= Beginning of Section =

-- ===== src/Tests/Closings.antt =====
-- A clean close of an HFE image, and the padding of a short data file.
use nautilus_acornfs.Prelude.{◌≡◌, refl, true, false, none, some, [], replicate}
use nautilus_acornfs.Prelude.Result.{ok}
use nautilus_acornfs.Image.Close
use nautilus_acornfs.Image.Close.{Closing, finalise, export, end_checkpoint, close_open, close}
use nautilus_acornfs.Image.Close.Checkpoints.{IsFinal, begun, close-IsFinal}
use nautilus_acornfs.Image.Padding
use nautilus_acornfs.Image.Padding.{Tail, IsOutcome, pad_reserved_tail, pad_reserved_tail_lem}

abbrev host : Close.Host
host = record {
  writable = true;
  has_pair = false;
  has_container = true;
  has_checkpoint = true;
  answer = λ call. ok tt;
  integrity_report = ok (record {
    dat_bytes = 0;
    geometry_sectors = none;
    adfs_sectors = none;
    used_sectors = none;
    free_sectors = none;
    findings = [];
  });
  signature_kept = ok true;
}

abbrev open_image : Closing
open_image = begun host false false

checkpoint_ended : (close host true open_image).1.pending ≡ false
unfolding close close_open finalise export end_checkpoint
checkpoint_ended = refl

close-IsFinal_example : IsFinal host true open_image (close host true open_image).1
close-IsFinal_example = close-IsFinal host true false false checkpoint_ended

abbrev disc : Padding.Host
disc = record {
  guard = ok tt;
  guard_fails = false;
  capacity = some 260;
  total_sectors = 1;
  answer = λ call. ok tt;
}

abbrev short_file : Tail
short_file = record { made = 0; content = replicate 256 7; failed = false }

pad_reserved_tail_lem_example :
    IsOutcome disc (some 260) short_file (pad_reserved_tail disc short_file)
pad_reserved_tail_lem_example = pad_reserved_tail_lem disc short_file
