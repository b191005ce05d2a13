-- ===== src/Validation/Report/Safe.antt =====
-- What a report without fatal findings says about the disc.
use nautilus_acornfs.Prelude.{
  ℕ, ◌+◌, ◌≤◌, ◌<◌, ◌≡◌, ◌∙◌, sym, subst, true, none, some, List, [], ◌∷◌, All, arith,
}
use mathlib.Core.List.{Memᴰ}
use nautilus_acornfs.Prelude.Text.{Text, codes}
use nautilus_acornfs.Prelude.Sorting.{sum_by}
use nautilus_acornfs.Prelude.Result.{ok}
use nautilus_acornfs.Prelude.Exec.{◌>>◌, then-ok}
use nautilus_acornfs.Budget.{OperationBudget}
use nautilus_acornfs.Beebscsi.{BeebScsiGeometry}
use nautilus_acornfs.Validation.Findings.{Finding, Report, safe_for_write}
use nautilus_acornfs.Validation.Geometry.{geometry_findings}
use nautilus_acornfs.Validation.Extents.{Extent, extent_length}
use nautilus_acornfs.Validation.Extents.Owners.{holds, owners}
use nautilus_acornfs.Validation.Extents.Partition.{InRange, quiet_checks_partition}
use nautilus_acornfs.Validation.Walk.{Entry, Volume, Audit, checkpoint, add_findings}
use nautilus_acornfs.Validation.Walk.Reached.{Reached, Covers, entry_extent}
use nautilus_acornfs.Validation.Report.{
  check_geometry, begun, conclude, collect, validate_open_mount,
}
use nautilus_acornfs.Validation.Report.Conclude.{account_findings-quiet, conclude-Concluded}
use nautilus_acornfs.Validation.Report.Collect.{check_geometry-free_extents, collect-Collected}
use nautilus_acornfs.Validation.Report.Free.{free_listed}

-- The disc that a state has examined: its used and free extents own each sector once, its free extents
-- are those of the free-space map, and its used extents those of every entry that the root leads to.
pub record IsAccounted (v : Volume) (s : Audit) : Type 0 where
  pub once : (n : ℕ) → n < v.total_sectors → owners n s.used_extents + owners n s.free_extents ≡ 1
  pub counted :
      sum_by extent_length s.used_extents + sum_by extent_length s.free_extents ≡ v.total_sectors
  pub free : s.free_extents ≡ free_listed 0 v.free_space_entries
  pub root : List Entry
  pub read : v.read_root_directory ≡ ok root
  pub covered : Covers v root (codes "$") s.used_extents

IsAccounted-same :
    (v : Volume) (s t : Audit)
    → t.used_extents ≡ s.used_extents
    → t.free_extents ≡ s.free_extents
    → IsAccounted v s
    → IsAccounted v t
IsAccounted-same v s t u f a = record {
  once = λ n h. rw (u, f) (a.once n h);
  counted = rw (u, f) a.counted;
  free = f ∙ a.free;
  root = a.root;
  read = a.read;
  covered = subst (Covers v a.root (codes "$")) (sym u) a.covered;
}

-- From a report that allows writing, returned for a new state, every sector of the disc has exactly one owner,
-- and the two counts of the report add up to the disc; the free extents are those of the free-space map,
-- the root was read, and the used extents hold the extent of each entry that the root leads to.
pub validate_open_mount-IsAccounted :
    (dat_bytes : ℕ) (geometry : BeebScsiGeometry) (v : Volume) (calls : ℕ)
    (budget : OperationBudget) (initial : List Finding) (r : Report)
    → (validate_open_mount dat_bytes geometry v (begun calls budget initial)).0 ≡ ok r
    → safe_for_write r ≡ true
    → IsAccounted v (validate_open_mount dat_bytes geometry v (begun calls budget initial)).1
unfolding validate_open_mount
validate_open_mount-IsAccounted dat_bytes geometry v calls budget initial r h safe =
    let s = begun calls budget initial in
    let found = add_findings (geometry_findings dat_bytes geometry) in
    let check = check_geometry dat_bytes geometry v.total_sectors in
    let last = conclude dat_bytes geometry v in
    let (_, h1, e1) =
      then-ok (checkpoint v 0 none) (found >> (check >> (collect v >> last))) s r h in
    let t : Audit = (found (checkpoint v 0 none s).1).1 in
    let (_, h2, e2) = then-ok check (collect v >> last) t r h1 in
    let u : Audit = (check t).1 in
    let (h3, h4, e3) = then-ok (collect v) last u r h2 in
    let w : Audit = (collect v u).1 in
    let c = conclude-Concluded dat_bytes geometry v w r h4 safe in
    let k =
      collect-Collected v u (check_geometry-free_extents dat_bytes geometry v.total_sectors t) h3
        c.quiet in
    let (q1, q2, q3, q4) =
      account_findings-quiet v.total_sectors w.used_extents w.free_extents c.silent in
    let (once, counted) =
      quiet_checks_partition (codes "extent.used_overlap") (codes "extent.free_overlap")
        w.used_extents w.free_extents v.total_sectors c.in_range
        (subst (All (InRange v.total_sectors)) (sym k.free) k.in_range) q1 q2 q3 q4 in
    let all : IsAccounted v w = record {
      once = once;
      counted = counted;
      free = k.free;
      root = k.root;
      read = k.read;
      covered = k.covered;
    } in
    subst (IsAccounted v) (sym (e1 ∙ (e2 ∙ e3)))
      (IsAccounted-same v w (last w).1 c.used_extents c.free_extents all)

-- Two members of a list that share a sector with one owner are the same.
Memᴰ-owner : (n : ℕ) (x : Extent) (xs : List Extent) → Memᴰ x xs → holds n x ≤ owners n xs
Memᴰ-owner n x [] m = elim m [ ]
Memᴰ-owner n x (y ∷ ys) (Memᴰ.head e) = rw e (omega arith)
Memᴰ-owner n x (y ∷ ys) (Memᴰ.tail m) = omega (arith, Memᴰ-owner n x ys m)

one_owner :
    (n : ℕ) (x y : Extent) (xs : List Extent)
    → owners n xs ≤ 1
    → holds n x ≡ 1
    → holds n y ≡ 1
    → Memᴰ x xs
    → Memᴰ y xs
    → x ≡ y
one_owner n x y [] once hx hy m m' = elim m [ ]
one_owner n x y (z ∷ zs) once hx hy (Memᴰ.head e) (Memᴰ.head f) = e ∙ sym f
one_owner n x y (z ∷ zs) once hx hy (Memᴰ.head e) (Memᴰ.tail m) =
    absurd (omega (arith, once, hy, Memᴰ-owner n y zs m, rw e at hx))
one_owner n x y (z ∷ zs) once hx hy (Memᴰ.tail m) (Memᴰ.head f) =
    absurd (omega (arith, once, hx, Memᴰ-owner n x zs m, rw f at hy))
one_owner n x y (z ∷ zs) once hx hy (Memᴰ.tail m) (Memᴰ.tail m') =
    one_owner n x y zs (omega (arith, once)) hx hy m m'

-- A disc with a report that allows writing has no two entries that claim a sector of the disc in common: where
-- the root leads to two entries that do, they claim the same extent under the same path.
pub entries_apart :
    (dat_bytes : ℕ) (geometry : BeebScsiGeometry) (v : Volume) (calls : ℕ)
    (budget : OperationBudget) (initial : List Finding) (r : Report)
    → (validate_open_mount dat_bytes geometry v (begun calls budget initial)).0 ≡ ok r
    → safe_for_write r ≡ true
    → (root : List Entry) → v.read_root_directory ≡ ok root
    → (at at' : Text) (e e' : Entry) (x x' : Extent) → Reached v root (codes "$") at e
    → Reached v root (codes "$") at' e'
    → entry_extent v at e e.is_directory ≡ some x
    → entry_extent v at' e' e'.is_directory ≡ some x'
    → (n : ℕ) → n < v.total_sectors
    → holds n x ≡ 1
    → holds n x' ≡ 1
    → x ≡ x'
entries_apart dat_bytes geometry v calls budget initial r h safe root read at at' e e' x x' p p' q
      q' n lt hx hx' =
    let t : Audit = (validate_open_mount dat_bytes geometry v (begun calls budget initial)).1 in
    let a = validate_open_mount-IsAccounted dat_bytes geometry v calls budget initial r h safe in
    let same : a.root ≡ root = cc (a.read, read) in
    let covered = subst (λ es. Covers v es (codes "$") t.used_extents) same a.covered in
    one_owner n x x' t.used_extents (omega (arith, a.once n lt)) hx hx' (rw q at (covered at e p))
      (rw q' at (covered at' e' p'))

= End of Section =

PROBLEM DETAILS: Copy all lines from the data above that contain the word "Audit".

SOLUTION BELOW:
use nautilus_acornfs.Validation.Walk.{Entry, Volume, Audit, checkpoint, add_findings}
pub record IsAccounted (v : Volume) (s : Audit) : Type 0 where
    (v : Volume) (s t : Audit)
    let t : Audit = (found (checkpoint v 0 none s).1).1 in
    let u : Audit = (check t).1 in
    let w : Audit = (collect v u).1 in
    let t : Audit = (validate_open_mount dat_bytes geometry v (begun calls budget initial)).1 in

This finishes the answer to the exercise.